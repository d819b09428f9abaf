-- ===== src/Server/Handlers.antt =====
-- The handlers of the packets from a client (Src/Server/Protocol/cProtocol_impl.cpp), with the server and
-- the rest of the packet.
use p2pchat.Prelude.{
  ℕ, ◌==◌, ◌||◌, ltb, Bool, false, not, Option, none, some, [], ◌∷◌, ◌++◌, if◌then◌else◌, ℤ, pos,
  negsuc,
}
use p2pchat.Outcome.{ok, Reader, pure, ◌>>=◌, ◌>>◌, modify}
use p2pchat.IniFile.{AString, str_eq}
use p2pchat.ByteBuffer.{ByteBuffer}
use p2pchat.ByteBuffer.Numbers.{read_be_int32, read_be_int64}
use p2pchat.ByteBuffer.VarInt.{read_var_int32}
use p2pchat.ByteBuffer.Strings.{read_var_utf8_string}
use p2pchat.Framing.Reads.{handle_read, not_handled}
use p2pchat.Session.{authenticating}
use p2pchat.Session.Sending.{
  bad_app, kick, status_reply, ping_reply, handle_keep_alive, packet_unknown, set_protocol_state,
}
use p2pchat.Server.{Server, find_client, on_client, server_forward_media, server_forward_media_msg}

-- "p2pchat".
abbrev pub app_name : AString
app_name = 112 ∷ 50 ∷ 112 ∷ 99 ∷ 104 ∷ 97 ∷ 116 ∷ []

abbrev pub Turn : Type 0
Turn = ByteBuffer × Server

-- The state of a status request is 1 or 2.
unfoldable pub allowed_state : ℤ → Option ℕ
allowed_state (pos n) = if ltb n 1 || ltb 2 n then none else some n
allowed_state (negsuc n) = none

unfoldable pub on_status_request : ℕ → AString → ℤ → Reader Server (Unit {0})
on_status_request id app state = elim (allowed_state state) [
  | none ↦ on_client id (kick bad_app)
  | some n ↦
      if not (str_eq app app_name)
      then on_client id (kick bad_app)
      else on_client id (status_reply n)
]

unfoldable pub read_status_request : Reader ByteBuffer (AString × ℤ)
read_status_request = do
  app ← read_var_utf8_string
  server ← read_var_utf8_string
  port ← read_be_int32
  state ← read_be_int32
  pure (app, state)

unfoldable pub handle_packet_status_request : ℕ → Reader Turn Bool
handle_packet_status_request id (bb, s) =
    handle_read (read_status_request bb) (λ request. on_status_request id request.0 request.1) s

unfoldable pub handle_packet_status_ping : ℕ → Reader Turn Bool
handle_packet_status_ping id (bb, s) =
    handle_read (read_be_int64 bb) (λ timestamp. on_client id (ping_reply timestamp)) s

-- `HandleLogin` of the client.
unfoldable pub handle_login : ℕ → AString → AString → Reader Server (Unit {0})
handle_login id username password =
    on_client id (modify (λ c. record c { state = authenticating }))
    >> modify (λ s. record s {
      queue = s.queue ++ record { client_id = id; username = username; password = password } ∷ [];
    })

unfoldable pub read_login_info : Reader ByteBuffer (AString × AString)
read_login_info = do
  username ← read_var_utf8_string
  password ← read_var_utf8_string
  pure (username, password)

unfoldable pub handle_packet_login_info : ℕ → Reader Turn Bool
handle_packet_login_info id (bb, s) =
    handle_read (read_login_info bb) (λ login. handle_login id login.0 login.1) s

unfoldable pub handle_packet_keep_alive : ℕ → ℕ → Reader Turn Bool
handle_packet_keep_alive now id (bb, s) =
    handle_read (read_var_int32 bb)
      (λ keep_alive_id. on_client id (modify (handle_keep_alive now keep_alive_id))) s

unfoldable pub read_media : Reader ByteBuffer (ℕ × ℕ)
read_media = do peer_id ← read_var_int32; type ← read_var_int32; pure (peer_id, type)

unfoldable pub handle_packet_media : ℕ → Reader Turn Bool
handle_packet_media id (bb, s) =
    handle_read (read_media bb) (λ media. server_forward_media media.0 id media.1) s

unfoldable pub read_media_msg : Reader ByteBuffer (ℕ × AString)
read_media_msg = do peer_id ← read_var_int32; msg ← read_var_utf8_string; pure (peer_id, msg)

unfoldable pub handle_packet_media_msg : ℕ → Reader Turn Bool
handle_packet_media_msg id (bb, s) =
    handle_read (read_media_msg bb) (λ media. server_forward_media_msg media.0 id media.1) s

-- Behind the `switch`: the packet is reported.
unfoldable pub unknown : ℕ → Reader Turn Bool
unknown id (bb, s) = not_handled bb (on_client id packet_unknown s)

-- The state of `default`: further packets are ignored.
unfoldable pub ignore : ℕ → Reader Turn Bool
ignore id (bb, s) = not_handled bb (on_client id (modify (set_protocol_state 255)) s)

-- The `switch` over the protocol's state and the packet's type.
unfoldable pub dispatch : ℕ → ℕ → ℕ → ℕ → Reader Turn Bool
dispatch state now id type t =
    if state == 1
    then (if type == 0x00
        then handle_packet_status_request id t
        else if type == 0x01
        then handle_packet_status_ping id t
        else unknown id t)
    else if state == 2
    then (if type == 0x00 then handle_packet_login_info id t else unknown id t)
    else if state == 3
    then (if type == 0x00
        then handle_packet_keep_alive now id t
        else if type == 0x11
        then handle_packet_media id t
        else if type == 0x12
        then handle_packet_media_msg id t
        else unknown id t)
    else if state == 255
    then (ok false, t)
    else ignore id t

unfoldable pub handle_packet : ℕ → ℕ → ℕ → Reader Turn Bool
handle_packet now id type (bb, s) = elim (find_client id s.clients) [
  | none ↦ (ok false, (bb, s))
  | some c ↦ dispatch c.protocol.state now id type (bb, s)
]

━━━━━━━━━━━━━━━━━━━━

Pull out every line above that holds the word "switch".

> _RESPONSE_
-- Behind the `switch`: the packet is reported.
-- The `switch` over the protocol's state and the packet's type.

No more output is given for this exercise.